▸ Information shown
--------

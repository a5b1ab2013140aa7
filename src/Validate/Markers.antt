-- ===== src/Validate/Markers.antt =====
-- The upload markers of validate/write.go: objects that stand for pending files in the payload
-- that is validated.
pub mod Fresh
use editrig_go.Base.{
  ℕ, zero, suc, ◌+◌, Bool, true, false, ◌&&◌, ◌||◌, none, some, List, [], ◌∷◌, String, ◌==◌,
  if◌then◌else◌, nat_eq, length,
}
use editrig_go.Text.{◌+++◌}
use editrig_go.Text.Decimal.{itoa}
use editrig_go.Map.{lookup}
use editrig_go.Json.{
  Value, Items, Members, null, bool, num, str, arr, obj, nil, cons, end, member, members, Data,
}

abbrev pub bool_eq : Bool → Bool → Bool
bool_eq true b = b
bool_eq false true = false
bool_eq false false = true

-- `reflect.DeepEqual` on what a decoder returns: maps have as many entries and agree on each key.
unfoldable mutual
  pub deep_equal : Value → Value → Bool
  deep_equal null null = true
  deep_equal (bool a) (bool b) = bool_eq a b
  deep_equal (num a) (num b) = a == b
  deep_equal (str a) (str b) = a == b
  deep_equal (arr vs) (arr ws) = equal_items vs ws
  deep_equal (obj ms) (obj ns) =
      nat_eq (length (members ms)) (length (members ns)) && equal_members ms (members ns)
  deep_equal _ _ = false

  pub equal_items : Items → Items → Bool
  equal_items nil nil = true
  equal_items (cons v vs) (cons w ws) = deep_equal v w && equal_items vs ws
  equal_items _ _ = false

  pub equal_members : Members → Data → Bool
  equal_members end ns = true
  equal_members (member k v ms) ns =
      elim (lookup k ns) [ none ↦ false | some w ↦ deep_equal v w ] && equal_members ms ns

unfoldable pub marker_in : List Value → Value → Bool
marker_in [] marker = false
marker_in (value ∷ values) marker = deep_equal value marker || marker_in values marker

abbrev pub marker_of : String → Value
marker_of text = obj (member "$editrigUpload" (str text) end)

-- "<name>/<i>" and "<name>/<i>/<suffix>".
unfoldable pub plain_text : String → ℕ → String
plain_text name i = name +++ "/" +++ itoa i

unfoldable pub suffixed_text : String → ℕ → ℕ → String
suffixed_text name i suffix = plain_text name i +++ "/" +++ itoa suffix

-- The loop that looks for a text that no existing value uses. The fuel is the number of the
-- existing values: each of them rules out one text at most.
unfoldable pub fresh_from : ℕ → List Value → String → ℕ → ℕ → String → String
fresh_from zero existing name i suffix text = text
fresh_from (suc fuel) existing name i suffix text =
    let next = fresh_from fuel existing name i (suffix + 1) (suffixed_text name i suffix) in
    if marker_in existing (marker_of text) then next else text

unfoldable pub fresh_text : List Value → String → ℕ → String
fresh_text existing name i = fresh_from (length existing) existing name i 0 (plain_text name i)

-- `markers`, from index `i` on, `left` of them.
unfoldable pub markers_from : ℕ → List Value → String → ℕ → List Value
markers_from zero existing name i = []
markers_from (suc left) existing name i =
    marker_of (fresh_text existing name i) ∷ markers_from left existing name (i + 1)
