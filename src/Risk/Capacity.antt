-- ===== src/Risk/Capacity.antt =====
-- What an approval of app/oms/risk_reservations.py says.
use trade_bot.Prelude.{
  true, false, ◌↔◌, List, [], ◌∷◌, String, ◌≡◌, refl, inl, inr, arith, sorted_set, sorted_set-nil,
  is_blank,
}
use trade_bot.Prelude.Decimal.{Decimal, dec_zero, add, dec_lt}
use trade_bot.Prelude.Action.{ok, Result-cases}
use trade_bot.Domain.{refuse, ◌else_check◌, not_positive}
use trade_bot.Risk.Engine.{failures, is_nil}
use trade_bot.Risk.Reservation.{
  RiskReservationBudget, PendingBuyExposure, RiskReservationEvaluation, is_approved, beyond_cash,
  sum_from, of_symbol, reservation, validate_budget, validate_exposures, evaluate_buy_reservation,
}

-- The three commitments of the evaluation, each within its capacity.
abbrev pub FitsBudget : RiskReservationBudget → RiskReservationEvaluation → Type 0
FitsBudget b e =
    (beyond_cash b.available_cash e.projected_cash_commitment ≡ false)
    × (dec_lt b.maximum_symbol_notional e.projected_symbol_notional ≡ false)
    × (dec_lt b.maximum_gross_notional e.projected_gross_notional ≡ false)

is_nil-nil : (rs : List String) → is_nil rs ≡ true → rs ≡ []
is_nil-nil [] h = refl
is_nil-nil (r ∷ rs) h = ground arith

pub evaluate_inv :
    (symbol : String) (candidate : Decimal) (b : RiskReservationBudget)
    (active : List PendingBuyExposure) (e : RiskReservationEvaluation)
    → evaluate_buy_reservation symbol candidate b active ≡ ok e
    → reservation candidate b
        (sum_from dec_zero active)
        (sum_from dec_zero (of_symbol symbol active))
      ≡ e
unfolding evaluate_buy_reservation
evaluate_inv symbol candidate b active e h =
    elim (Result-cases (
      validate_budget b
      else_check refuse (is_blank symbol) "symbol is required"
      else_check refuse (not_positive candidate) "candidate_notional must be positive and finite"
      else_check validate_exposures active)) [
        | inl valid ↦ ground arith
        | inr (x, bad) ↦ ground arith
      ]

abbrev reservation_failures : Decimal → Decimal → Decimal → RiskReservationBudget → List String
reservation_failures candidate p q b =
    let cash = add p candidate in
    let symbol = add (add b.current_symbol_notional q) candidate in
    let gross = add (add b.current_gross_notional p) candidate in
    failures (
      (beyond_cash b.available_cash cash, "INSUFFICIENT_AVAILABLE_CASH")
      ∷ (dec_lt b.maximum_symbol_notional symbol, "SYMBOL_NOTIONAL_LIMIT_EXCEEDED")
      ∷ (dec_lt b.maximum_gross_notional gross, "GROSS_NOTIONAL_LIMIT_EXCEEDED")
      ∷ [])

reservation_fits :
    (candidate p q : Decimal) (b : RiskReservationBudget)
    → is_approved (reservation candidate b p q) ≡ true
    → FitsBudget b (reservation candidate b p q)
unfolding failures
reservation_fits candidate p q b h = ground (
  arith,
  sorted_set-nil (reservation_failures candidate p q b),
  is_nil-nil (reservation candidate b p q).reasons,
)

fits_reservation :
    (candidate p q : Decimal) (b : RiskReservationBudget)
    → FitsBudget b (reservation candidate b p q)
    → is_approved (reservation candidate b p q) ≡ true
unfolding failures sorted_set
fits_reservation candidate p q b (cash, symbol, gross) = rw (cash, symbol, gross) refl

-- An evaluation of a buy approves exactly where the cash, the symbol's notional and the gross
-- notional, with every pending buy counted, stay within the budget.
pub evaluate_buy_reservation-FitsBudget :
    (symbol : String) (candidate : Decimal) (b : RiskReservationBudget)
    (active : List PendingBuyExposure) (e : RiskReservationEvaluation)
    → evaluate_buy_reservation symbol candidate b active ≡ ok e
    → (is_approved e ≡ true) ↔ FitsBudget b e
evaluate_buy_reservation-FitsBudget symbol candidate b active e h =
    let p = sum_from dec_zero active in
    let q = sum_from dec_zero (of_symbol symbol active) in
    rw (← evaluate_inv symbol candidate b active e h)
      (reservation_fits candidate p q b, fits_reservation candidate p q b)
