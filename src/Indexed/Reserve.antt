-- ===== src/Indexed/Reserve.antt =====
-- app/oms/indexed.py: `IndexedDurableOmsStore`, the approval of an order that reserves capacity, and
-- the lookup by the client's id.
use trade_bot.Prelude.{
  ℕ, Bool, true, false, not, ◌&&◌, ◌||◌, Option, none, some, List, [], ◌∷◌, String, is_blank, strip,
  str_eq, str_append, join_comma, sorted_set, if◌then◌else◌,
}
use trade_bot.Prelude.Decimal.{Decimal, mul, sub}
use trade_bot.Prelude.Json.{
  Json, null, flag, text, decimal_text, array, object, Items, nil, item, Fields, end, field,
}
use trade_bot.Prelude.SameJson.{json_same}
use trade_bot.Prelude.Clock.{Datetime}
use trade_bot.Prelude.Action.{
  Action, Result, ok, err, Error, value_error, ◌>>=◌, ◌>>◌, pure, gets, modify, lift, transaction,
}
use trade_bot.Domain.{is_buy}
use trade_bot.Oms.State.{
  OrderState, risk_approved, outboxed, submit_started, acknowledged, partially_filled,
  cancel_requested, uncertain, reconciling, reconciled, manual, contains_state, state_value,
  validate_transition,
}
use trade_bot.Oms.Tables.{Oms, OrderRecord, OrderRow, EventRow, find_event}
use trade_bot.Oms.Events.{now, side_value, append_event, load_for_update}
use trade_bot.Oms.Orders.{set_state}
use trade_bot.Risk.Reservation.{
  RiskReservationBudget, PendingBuyExposure, RiskReservationEvaluation, is_approved,
  validate_budget, evaluate_buy_reservation,
}

-- `_RISK_RESERVING_STATES`
abbrev pub risk_reserving_states : List OrderState
risk_reserving_states =
    risk_approved ∷ outboxed ∷ submit_started ∷ acknowledged ∷ partially_filled ∷ cancel_requested
    ∷ uncertain ∷ reconciling ∷ reconciled ∷ manual ∷ []

abbrev cash_json : Option Decimal → Json
cash_json none = null
cash_json (some cash) = decimal_text cash

-- `_reservation_request`
unfoldable pub reservation_request : OrderRecord → RiskReservationBudget → Json
reservation_request r b = object (
    field "intent_id" (text r.intent_id) (
      field "symbol" (text r.symbol) (
        field "side" (text (side_value r.side)) (
          field "quantity" (decimal_text r.quantity) (
            field "limit_price" (decimal_text r.limit_price) (
              field "available_cash" (cash_json b.available_cash) (
                field "current_symbol_notional" (decimal_text b.current_symbol_notional) (
                  field "current_gross_notional" (decimal_text b.current_gross_notional) (
                    field "maximum_symbol_notional" (decimal_text b.maximum_symbol_notional) (
                      field "maximum_gross_notional" (decimal_text b.maximum_gross_notional)
                        end))))))))))

abbrev find_field : String → Fields → Option Json
find_field name end = none
find_field name (field k j rest) =
    let later = find_field name rest in if str_eq k name then some j else later

abbrev stored_request : Json → Option Json
stored_request (object fields) = find_field "reservation_request" fields
stored_request _ = none

abbrev holds_request : Json → Json → Bool
holds_request payload request = elim (stored_request payload) [
  | none ↦ false
  | some stored ↦ json_same stored request
]

-- `_validate_reservation_replay`
unfoldable pub validate_reservation_replay : EventRow → String → Json → Result (Unit {0})
validate_reservation_replay e intent_id request =
    if not (str_eq e.intent_id intent_id)
      || not (str_eq e.event_type (state_value risk_approved))
      || not (holds_request e.payload request)
    then err (value_error "OMS_EVENT_ID_CONFLICT")
    else ok tt

-- SELECT * FROM oms_orders WHERE side='BUY' AND state IN (…), as exposures.
abbrev pub exposure_of : OrderRecord → PendingBuyExposure
exposure_of r = record {
  symbol = r.symbol;
  remaining_notional = mul (sub r.quantity r.filled_quantity) r.limit_price;
}

unfoldable pub active_buys : List OrderRow → List PendingBuyExposure
active_buys [] = []
active_buys (r ∷ rs) =
    let rest = active_buys rs in
    if is_buy r.side && contains_state r.state risk_reserving_states
    then exposure_of r.order ∷ rest
    else rest

abbrev reasons_json : List String → Items
reasons_json [] = nil
reasons_json (r ∷ rs) = item (text r) (reasons_json rs)

-- `RiskReservationEvaluation.event_payload`
abbrev pub reservation_json : RiskReservationEvaluation → Json
reservation_json e = object (
    field "approved" (flag (is_approved e)) (
      field "reasons" (array (reasons_json e.reasons)) (
        field "reserved_cash_notional" (decimal_text e.reserved_cash_notional) (
          field "reserved_symbol_notional" (decimal_text e.reserved_symbol_notional) (
            field "reserved_gross_notional" (decimal_text e.reserved_gross_notional) (
              field "projected_cash_commitment" (decimal_text e.projected_cash_commitment) (
                field "projected_symbol_notional" (decimal_text e.projected_symbol_notional) (
                  field "projected_gross_notional" (decimal_text e.projected_gross_notional)
                    end))))))))

abbrev pub sell_json : Json
sell_json =
    object (field "approved" (flag true) (field "kind" (text "SELL_NO_CAPACITY_CREDIT") end))

-- `RiskReservationRejected`
abbrev rejected : List String → Error
rejected reasons =
    value_error (str_append "RISK_RESERVATION_REJECTED:" (join_comma (sorted_set reasons)))

abbrev decided : RiskReservationEvaluation → Result Json
decided e = if is_approved e then ok (reservation_json e) else err (rejected e.reasons)

-- What the approval books under `reservation`, or the refusal of a buy beyond the capacity.
unfoldable pub reserve_capacity : OrderRecord → RiskReservationBudget → List OrderRow → Result Json
reserve_capacity r budget rows =
    if not (is_buy r.side)
    then ok sell_json
    else elim (evaluate_buy_reservation r.symbol (mul r.quantity r.limit_price) budget
        (active_buys rows)) [ err e ↦ err e | ok e ↦ decided e ]

abbrev pub reservation_payload : Json → Json → Json
reservation_payload reservation request =
    object (field "reservation" reservation (field "reservation_request" request end))

module _ (digest : Json → String) where
  unfoldable pub approve_new :
      String → String → ℕ → RiskReservationBudget → OrderRecord → Action Oms OrderRecord
  approve_new intent_id event_id moment budget current = do
    lift (validate_transition current.state risk_approved)
    rows ← gets (λ s. s.orders)
    reservation ← lift (reserve_capacity current budget rows)
    modify (set_state intent_id risk_approved current.broker_order_id moment)
    fresh ←
        append_event digest event_id intent_id (state_value risk_approved)
          (reservation_payload reservation (reservation_request current budget)) moment none
    load_for_update intent_id

  unfoldable pub approve_body : String → String → ℕ → RiskReservationBudget → Action Oms OrderRecord
  unfolding approve_new
  approve_body intent_id event_id moment budget = do
    current ← load_for_update intent_id
    existing ← gets (λ s. find_event event_id s.events)
    elim existing [
      | none ↦ approve_new intent_id event_id moment budget current
      | some e ↦ do
        lift (validate_reservation_replay e intent_id (reservation_request current budget))
        pure current
    ]

  -- `approve_risk_with_reservation`
  unfoldable pub approve_risk_with_reservation :
      String → String → Datetime → RiskReservationBudget → Action Oms OrderRecord
  unfolding approve_body
  approve_risk_with_reservation intent_id event_id occurred_at budget = do
    lift (validate_budget budget)
    moment ← lift (now occurred_at)
    transaction (approve_body intent_id event_id moment budget)

abbrev find_client : String → List OrderRow → Option OrderRecord
find_client c [] = none
find_client c (r ∷ rs) =
    let rest = find_client c rs in if str_eq r.client_order_id c then some r.order else rest

unfoldable pub get_by_client_order_id : String → Oms → Result (Option OrderRecord)
get_by_client_order_id c s =
    if is_blank c
    then err (value_error "client_order_id is required")
    else ok (find_client (strip c) s.orders)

--------

▸ Task prompt
From the listing above, collect every line that mentions the word "EventRow".

▸ Task response
use trade_bot.Oms.Tables.{Oms, OrderRecord, OrderRow, EventRow, find_event}
unfoldable pub validate_reservation_replay : EventRow → String → Json → Result (Unit {0})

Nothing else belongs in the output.